Sitagliptin should not be used to treat type 1 diabetes. In December 2020, the US Food and Drug Administration (FDA) approved labeling changes stating that Januvia (sitagliptin), Janumet (sitagliptin and metformin hydrochloride), and Janumet XR (sitagliptin and metformin hydrochloride extended-release) are not proven to improve glycemic (blood sugar) control in children aged 10 to 17 with type 2 diabetes. The drugs are approved to improve blood sugar control in adults aged 18 and older with type 2 diabetes.

==Adverse effects==
Adverse effects from sitagliptin are similar to placebo, except for rare nausea, common cold-like symptoms, and photosensitivity. It does not increase the risk of diarrhea. No significant difference exists in the occurrence of hypoglycemia between placebo and sitagliptin. In those taking sulphonylureas, the risk of low blood sugar is increased.

The existence of rare case reports of kidney failure and hypersensitivity reactions is noted in the United States prescribing information, but a causative role for sitagliptin has not been established.

Several postmarketing reports of pancreatitis (some fatal) have been made in people treated with sitagliptin and other DPP-4 inhibitors, and the US FDA package insert carries a warning to this effect, although the causal link between sitagliptin and pancreatitis has not yet been fully substantiated. One study with lab rats published in 2009 concluded that some of the possible risks of pancreatitis or pancreatic cancer may be reduced when it is used with metformin. However, while DPP-4 inhibitors showed an increase in such risk factors, as of 2009, no increase in pancreatic cancer has been reported in individuals taking DPP-4 inhibitors.

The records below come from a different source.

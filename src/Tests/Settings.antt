-- ===== src/Tests/Settings.antt =====
-- Examples of the theorems on the settings loader.
use opencode_optimised_tooli.Prelude.{
  Bool, List, String, Text, [], codes, false, none, refl, some, true, ◌==◌, ◌∷◌, ◌≡◌, list_eq,
  nat_eq, pair_eq, string_eq,
}
use opencode_optimised_tooli.Tree.{
  put, Tree, Trees, Fields, scalar, dict, items, nil, item, entry, string, get, append_trees,
}
use opencode_optimised_tooli.Tree.Laws.{AreDistinct}
use opencode_optimised_tooli.Settings.Merge.{update_dict, merged_value}
use opencode_optimised_tooli.Settings.Merge.Paths.{at_path, AllDistinct, at_path-update_dict}
use opencode_optimised_tooli.Settings.Engines.{
  is_true, add_engines, add_engine, hashable, has_name, update_engine, filter_by, elements,
  filter_engines, contained_in, in_list, merge_engines,
}
use opencode_optimised_tooli.Settings.Engines.Laws.{engines_after, new_engines}
use opencode_optimised_tooli.Settings.Engines.Merged.{add_engines_lem}
use opencode_optimised_tooli.Settings.Load.{
  setting_value, merge_settings, update_engines, store_engines, set_plugins, set_tabs, tabs_key,
  plugins_key, engines_key, given, engine_lists, update_settings,
}
use opencode_optimised_tooli.Settings.Load.Merged.{is_plain, Merges, get-update_settings}
use opencode_optimised_tooli.Settings.Load.Removed.{Leaves, update_settings-Leaves}

abbrev text : String → Tree
text s = scalar (string (codes s))

-- `==` on texts, which is all that the examples compare.
abbrev is_equal : Tree → Tree → Bool
is_equal (scalar (string s)) (scalar (string t)) = s == t
is_equal _ _ = false

abbrev server : String → Fields → Fields
server port rest = entry (codes "port") (text port) rest

abbrev default_server : Fields
default_server = entry (codes "server") (dict (server "8888" (server "" Fields.empty))) Fields.empty

abbrev user_server : Fields
user_server = entry (codes "server") (dict (server "80" Fields.empty)) Fields.empty

abbrev merged_server : Fields
merged_server = entry (codes "server") (dict (server "80" (server "" Fields.empty))) Fields.empty

at_path-update_dict_example :
    at_path (codes "server" ∷ codes "port" ∷ []) merged_server ≡ some (text "80")
unfolding AllDistinct update_dict at_path get put
at_path-update_dict_example =
    at_path-update_dict (codes "server" ∷ codes "port" ∷ []) user_server default_server
      merged_server (text "80") (refl, (refl, tt, tt), tt) refl refl refl

abbrev engine : String → String → Fields
engine name shortcut =
    entry (codes "name") (text name) (entry (codes "shortcut") (text shortcut) Fields.empty)

-- Two definitions of one name, and one of another.
abbrev default_engines : List (Tree × Fields)
default_engines =
    (text "ddg", engine "ddg" "d")
    ∷ (text "ddg", engine "ddg" "dd")
    ∷ (text "bing", engine "bing" "b")
    ∷ []

abbrev merged_engines : List (Tree × Fields)
merged_engines =
    (text "ddg", engine "ddg" "d")
    ∷ (text "ddg", engine "ddg" "x")
    ∷ (text "bing", engine "bing" "b")
    ∷ []

abbrev user_engines : Trees
user_engines = item (dict (engine "ddg" "x")) (item (dict (engine "wiki" "w")) nil)

add_engines_lem_example :
    (engines_after is_equal user_engines default_engines ≡ some merged_engines)
    × (new : Trees) × (new_engines is_equal default_engines user_engines ≡ some new)
    × (item (dict (engine "wiki" "w")) nil ≡ append_trees nil new)
unfolding add_engines update_dict get add_engine hashable has_name update_engine put append_trees
add_engines_lem_example =
    add_engines_lem is_equal user_engines default_engines merged_engines nil
      (item (dict (engine "wiki" "w")) nil) refl

abbrev default_settings : Fields
default_settings =
    entry (codes "engines")
      (items (item (dict (engine "ddg" "d")) (item (dict (engine "bing" "b")) nil)))
      (entry (codes "plugins") (dict (entry (codes "a") (text "on") Fields.empty)) Fields.empty)

-- What the user gives below `use_default_settings`, at `engines`.
abbrev removals : Fields
removals = entry (codes "remove") (items (item (text "bing") nil)) Fields.empty

abbrev user_settings : Fields
user_settings =
    entry (codes "use_default_settings")
      (dict (entry (codes "engines") (dict removals) Fields.empty))
      (entry (codes "plugins") (dict (entry (codes "b") (text "on") Fields.empty)) Fields.empty)

abbrev merged_settings : Fields
merged_settings =
    entry (codes "engines") (items (item (dict (engine "ddg" "d")) nil))
      (entry (codes "plugins") (dict (entry (codes "b") (text "on") Fields.empty)) Fields.empty)

merged_as_shown : update_settings is_equal default_settings user_settings ≡ some merged_settings
unfolding update_settings merge_settings setting_value get merged_value engine_lists update_engines
    given store_engines set_plugins put set_tabs filter_by elements filter_engines contained_in
    in_list merge_engines
merged_as_shown = refl

get-update_settings_example :
    ((key : Text)
      → is_plain key ≡ true
      → (get key user_settings ≡ none → get key merged_settings ≡ get key default_settings)
        × ((v : Tree)
            → get key user_settings ≡ some v
            → Merges (get key default_settings) v (get key merged_settings)))
    × ((v : Tree)
        → get tabs_key user_settings ≡ some v
        → is_true v ≡ true
        → get tabs_key merged_settings ≡ some v)
    × ((v : Tree)
        → given (get plugins_key user_settings) ≡ some v
        → get plugins_key merged_settings ≡ some v)
unfolding AreDistinct get
get-update_settings_example =
    get-update_settings is_equal default_settings user_settings merged_settings (refl, (refl, tt))
      merged_as_shown

update_settings-Leaves_example :
    (kept : Trees) × (get engines_key merged_settings ≡ some (items kept))
    × Leaves is_equal
        (given (get (codes "remove") removals), given (get (codes "keep_only") removals))
        (item (dict (engine "ddg" "d")) (item (dict (engine "bing" "b")) nil))
        kept
unfolding get
update_settings-Leaves_example =
    update_settings-Leaves is_equal default_settings user_settings merged_settings
      (entry (codes "engines") (dict removals) Fields.empty) removals
      (item (dict (engine "ddg" "d")) (item (dict (engine "bing" "b")) nil)) refl refl refl refl
      merged_as_shown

In 2015, the US Food and Drug Administration (FDA) added a new warning and precaution about the risk of "severe and disabling" joint pain to the labels of all DPP-4 inhibitor medicines.

==Mechanism of action==

Sitagliptin works to competitively inhibit the enzyme dipeptidyl peptidase 4 (DPP-4). This enzyme breaks down the incretins GLP-1 and GIP, gastrointestinal hormones released in response to a meal. By preventing breakdown of GLP-1 and GIP, they are able to increase the secretion of insulin and suppress the release of glucagon by the alpha cells of the pancreas. This drives blood glucose levels towards normal. As the blood glucose level approaches normal, the amounts of insulin released and glucagon suppressed diminishes, thus tending to prevent an "overshoot" and subsequent low blood sugar (hypoglycemia), which is seen with some other oral hypoglycemic agents.

Sitagliptin has been shown to lower HbA1c level by about 0.7% points versus placebo. It is slightly less effective than metformin when used as a monotherapy. It does not cause weight gain and has less hypoglycemia compared to sulfonylureas. Sitagliptin is recommended as a second-line drug (in combination with other drugs) after the combination of diet/exercise and metformin fails.

==History==

Sitagliptin was approved by the US Food and Drug Administration (FDA) in October 2006, and is sold under the brand name Januvia. In April 2007, the FDA approved an oral combination of sitagliptin/metformin sold under the brand name Janumet. In October 2011, the FDA approved an oral combination of sitagliptin/simvastatin sold under the brand name Juvisync. The extended release version of sitagliptin/metformin was approved in February 2012.